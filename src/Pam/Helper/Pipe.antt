-- ===== src/Pam/Helper/Pipe.antt =====
-- The verdict on its way through the pipe.
use sentinel_cosmic.Common.{
  ◌≡◌, ◌++◌, [], ◌&&◌, false, Bool, refl, ◌∷◌, true, ◌||◌, List, take, some, ◌==◌, ℕ, inl, none,
  inr, sym, unwrap_or, ap, Option-cases, ◌∙◌, Option,
}
use sentinel_cosmic.Pam.Helper.{
  ok, read_answer, bytes, ready, parent_wait, Spawn, fork_failed, read_failed, pipe_failed, forked,
  run_child, interrupted, poll_timeout, poll_failed, bare_deny,
}
use sentinel_cosmic.Pam.Utf8.{from_utf8}
use sentinel_cosmic.Text.{Text, first_part, split_whitespace, codes}
use sentinel_cosmic.Verdict.{Outcome, is_allow, show_verdict, Verdict, parse_verdict}
use sentinel_cosmic.Verdict.Wire.{parse_verdict_allow}

-- Whatever the helper prints as its verdict, the parent reads exactly that verdict from the 16 bytes it
-- takes; only a tick on something that is no Allow is lost.
pub parent_wait-show_verdict :
    (v : Verdict)
    → parent_wait (ready (bytes (show_verdict v ++ (b'\n' ∷ []))))
      ≡ (false, ok (record { outcome = v.outcome; remember = v.remember && is_allow v.outcome }))
unfolding parent_wait read_answer show_verdict
parent_wait-show_verdict v = by_cases v.outcome v.remember
  where
    by_cases :
        (o : Outcome) (b : Bool)
        → parent_wait
            (ready (bytes (show_verdict (record { outcome = o; remember = b }) ++ (b'\n' ∷ []))))
          ≡ (false, ok (record { outcome = o; remember = b && is_allow o }))
    by_cases Outcome.allow true = refl
    by_cases Outcome.allow false = refl
    by_cases Outcome.deny true = refl
    by_cases Outcome.deny false = refl
    by_cases Outcome.timeout true = refl
    by_cases Outcome.timeout false = refl

abbrev first_line : Text → Text
first_line s = first_part (λ c. c == b'\n' || c == b'\r') s

abbrev outcome_of : Option Verdict → Outcome
outcome_of p = (unwrap_or p bare_deny).outcome

some_verdict :
    (p : Option Verdict)
    → outcome_of p ≡ Outcome.allow
    → (w : Verdict) × (p ≡ some w) × (w.outcome ≡ Outcome.allow)
some_verdict none a = absurd (cc a)
some_verdict (some w) a = (w, refl, a)

read_answer_allow :
    (buf : List ℕ)
    → (read_answer buf).outcome ≡ Outcome.allow
    → (text : Text) × (rest : List Text) × (from_utf8 buf ≡ some text)
      × (split_whitespace (first_line text) ≡ codes "ALLOW" ∷ rest)
unfolding read_answer parse_verdict
read_answer_allow buf a = elim (Option-cases (from_utf8 buf)) [
  | inl e ↦
      absurd (cc (ap (λ o. outcome_of (parse_verdict (first_line (unwrap_or o [])))) (sym e) ∙ a))
  | inr (text, e) ↦
      let (w, p, allowed) =
        some_verdict (parse_verdict (first_line text))
          (ap (λ o. outcome_of (parse_verdict (first_line (unwrap_or o [])))) (sym e) ∙ a) in
      let (rest, words, ticked) = parse_verdict_allow (first_line text) w p allowed in
      (text, rest, e, words)
]

ok_inj : {v w : Verdict} → ok v ≡ ok w → v ≡ w
ok_inj e = cc

-- Nothing but a written ALLOW lets the user in: the parent takes an answer for an Allow only if the
-- child was started, its output came within the deadline, and the first line of the 16 bytes that were
-- read is UTF-8 and begins with the word ALLOW.
pub run_child_allow :
    (s : Spawn) (v : Verdict)
    → run_child s ≡ ok v
    → v.outcome ≡ Outcome.allow
    → (out : List ℕ) × (text : Text) × (rest : List Text) × (s ≡ forked (ready (bytes out)))
      × (from_utf8 (take 16 out) ≡ some text)
      × (split_whitespace (first_part (λ c. c == b'\n' || c == b'\r') text) ≡ codes "ALLOW" ∷ rest)
unfolding run_child parent_wait
run_child_allow pipe_failed v h a = absurd (cc h)
run_child_allow fork_failed v h a = absurd (cc h)
run_child_allow (forked poll_failed) v h a = absurd (cc h)
run_child_allow (forked poll_timeout) v h a = absurd (cc h)
run_child_allow (forked (ready interrupted)) v h a = absurd (cc h)
run_child_allow (forked (ready read_failed)) v h a = absurd (cc h)
run_child_allow (forked (ready (bytes []))) v h a = absurd (cc h)
run_child_allow (forked (ready (bytes (b ∷ bs)))) v h a =
    let (text, rest, e, words) =
      read_answer_allow (take 16 (b ∷ bs)) (ap (λ (w : Verdict). w.outcome) (ok_inj h) ∙ a) in
    (b ∷ bs, text, rest, refl, e, words)
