-- ===== src/Dialog/Startup/Answer.antt =====
-- The dialog's process and whoever reads its answer.
use sentinel_cosmic.Agent.Tests.{refused}
use sentinel_cosmic.Common.{
  ◌*◌, Bool-cases, true, false, ◌≡◌, ◌++◌, inr, [], ◌∷◌, Bool, is_some, min, inl, if◌then◌else◌,
  ◌≤◌, Option, unwrap_or, some, ℕ, none, refl, sym, ◌∙◌, List, ap,
}
use sentinel_cosmic.Dialog.{i32_max, Args, bare, start, play}
use sentinel_cosmic.Dialog.Gate.{tick_count, play_gated}
use sentinel_cosmic.Dialog.Startup.{finish, StartArgs, Desktop, run_main, Command, show_dialog}
use sentinel_cosmic.Pam.Helper.{Result, ok, bytes, ready, parent_wait}
use sentinel_cosmic.Pam.Helper.Pipe.{parent_wait-show_verdict}
use sentinel_cosmic.Text.{Text}
use sentinel_cosmic.Verdict.{Outcome, show_verdict, Verdict}

-- The verdict behind what the process writes.
pub shown_verdict : Args → Desktop → Verdict
shown_verdict a d = if is_some d.wayland_display then show_dialog a d else bare Outcome.deny

pub run_main-stdout :
    (is_file : Text → Bool) (starts : Command → Bool) (a : Args) (f : StartArgs) (d : Desktop)
    → (run_main is_file starts a f d).stdout ≡ show_verdict (shown_verdict a d) ++ (b'\n' ∷ [])
unfolding run_main finish shown_verdict
run_main-stdout is_file starts a f d = elim (Bool-cases (is_some d.wayland_display)) [
  | inl e ↦ rw e
  | inr e ↦ rw e
]

-- An Allow at the end of a chain of conditions, each of which would have been a refusal.
allow_if :
    (b : Bool) (v : Verdict)
    → (if b then v else bare Outcome.deny).outcome ≡ Outcome.allow
    → (b ≡ true) × (v.outcome ≡ Outcome.allow)
allow_if true v h = (refl, h)
allow_if false v h = absurd (cc h)

allow_or_bare :
    (o : Option Verdict)
    → (unwrap_or o (bare Outcome.deny)).outcome ≡ Outcome.allow
    → (v : Verdict) × (o ≡ some v) × (v.outcome ≡ Outcome.allow)
allow_or_bare none h = absurd (cc h)
allow_or_bare (some v) h = (v, refl, h)

-- The dialog's event loop gave an Allow itself.
abbrev pub Answered : Args → Desktop → Type 0
Answered a d =
    (v : Verdict) × (play (start a d.coin d.lang) d.events ≡ some v) × (v.outcome ≡ Outcome.allow)

pub allowed_verdict :
    (a : Args) (d : Desktop)
    → (shown_verdict a d).outcome ≡ Outcome.allow
    → (is_some d.wayland_display ≡ true)
      × (d.scene_loads ≡ true)
      × (min a.min_time i32_max ≤ 100 * tick_count d.events)
      × Answered a d
unfolding shown_verdict show_dialog
allowed_verdict a d h =
    let (display, shown) = allow_if (is_some d.wayland_display) (show_dialog a d) h in
    let (loaded, played) =
      allow_if d.scene_loads (unwrap_or (play (start a d.coin d.lang) d.events) (bare Outcome.deny))
        shown in
    let (v, e, allowed) = allow_or_bare (play (start a d.coin d.lang) d.events) played in
    (
      display,
      loaded,
      elim (play_gated a d.coin d.lang d.events v e).0 [
        | inl refused ↦ absurd (refused allowed)
        | inr late ↦ late
      ],
      (v, e, allowed),
    )

read_outcome : {v w : Verdict} → ok v ≡ ok w → v.outcome ≡ w.outcome
read_outcome e = cc

-- An Allow that is read was given in a dialog. Whatever the dialog's process meets, a parent that reads
-- its whole output takes it for an Allow only if there is a Wayland display, the scene loaded, the dialog
-- had run for the minimum time, measured in its ticks of 100 milliseconds, and what the user did in the
-- event loop itself gave an Allow: a loop that ends without one is never read as an Allow.
pub run_main_allow :
    (is_file : Text → Bool) (starts : Command → Bool) (a : Args) (f : StartArgs) (d : Desktop)
    (v : Verdict)
    → parent_wait (ready (bytes (run_main is_file starts a f d).stdout)) ≡ (false, ok v)
    → v.outcome ≡ Outcome.allow
    → (is_some d.wayland_display ≡ true)
      × (d.scene_loads ≡ true)
      × (min a.min_time i32_max ≤ 100 * tick_count d.events)
      × Answered a d
run_main_allow is_file starts a f d v r h =
    let w = shown_verdict a d in
    let written =
      ap (λ (out : List ℕ). parent_wait (ready (bytes out)))
        (run_main-stdout is_file starts a f d) in
    let same =
      ap (λ (p : Bool × Result Verdict). p.1) (sym r ∙ (written ∙ parent_wait-show_verdict w)) in
    allowed_verdict a d (sym (read_outcome same) ∙ h)
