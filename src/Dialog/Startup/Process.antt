-- ===== src/Dialog/Startup/Process.antt =====
-- crates/sentinel-helper-kde/src/main.rs: the process from its arguments to what it writes.
use sentinel_cosmic.Cli.Arguments.{CliArg, parse, Given}
use sentinel_cosmic.Common.{Option, List, ℕ, [], ◌∷◌, none, Bool, some}
use sentinel_cosmic.Dialog.{Args}
use sentinel_cosmic.Dialog.Startup.{Command, Desktop, run_main, StartArgs}
use sentinel_cosmic.Text.{Text}

-- What the process writes once its arguments are read: nothing where clap refuses them.
abbrev pub ran : (Text → Bool) → (Command → Bool) → Desktop → Option (Args × StartArgs) → List ℕ
unfolding run_main
ran is_file starts d none = []
ran is_file starts d (some p) = (run_main is_file starts p.0 p.1 d).stdout

-- The dialog's process, from its argument vector to its standard output.
unfoldable pub helper_stdout :
    (List CliArg → List Text → Option Given)
    → (Text → Bool)
    → (Command → Bool)
    → List Text
    → Desktop
    → List ℕ
unfolding parse run_main
helper_stdout clap is_file starts [] d = []
helper_stdout clap is_file starts (program ∷ argv) d = ran is_file starts d (parse clap argv)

________________________________________

### To do
Filter the records for the string "loaded" and copy every line that holds it.

### Task response
    let (loaded, played) =
      loaded,
-- its whole output takes it for an Allow only if there is a Wayland display, the scene loaded, the dialog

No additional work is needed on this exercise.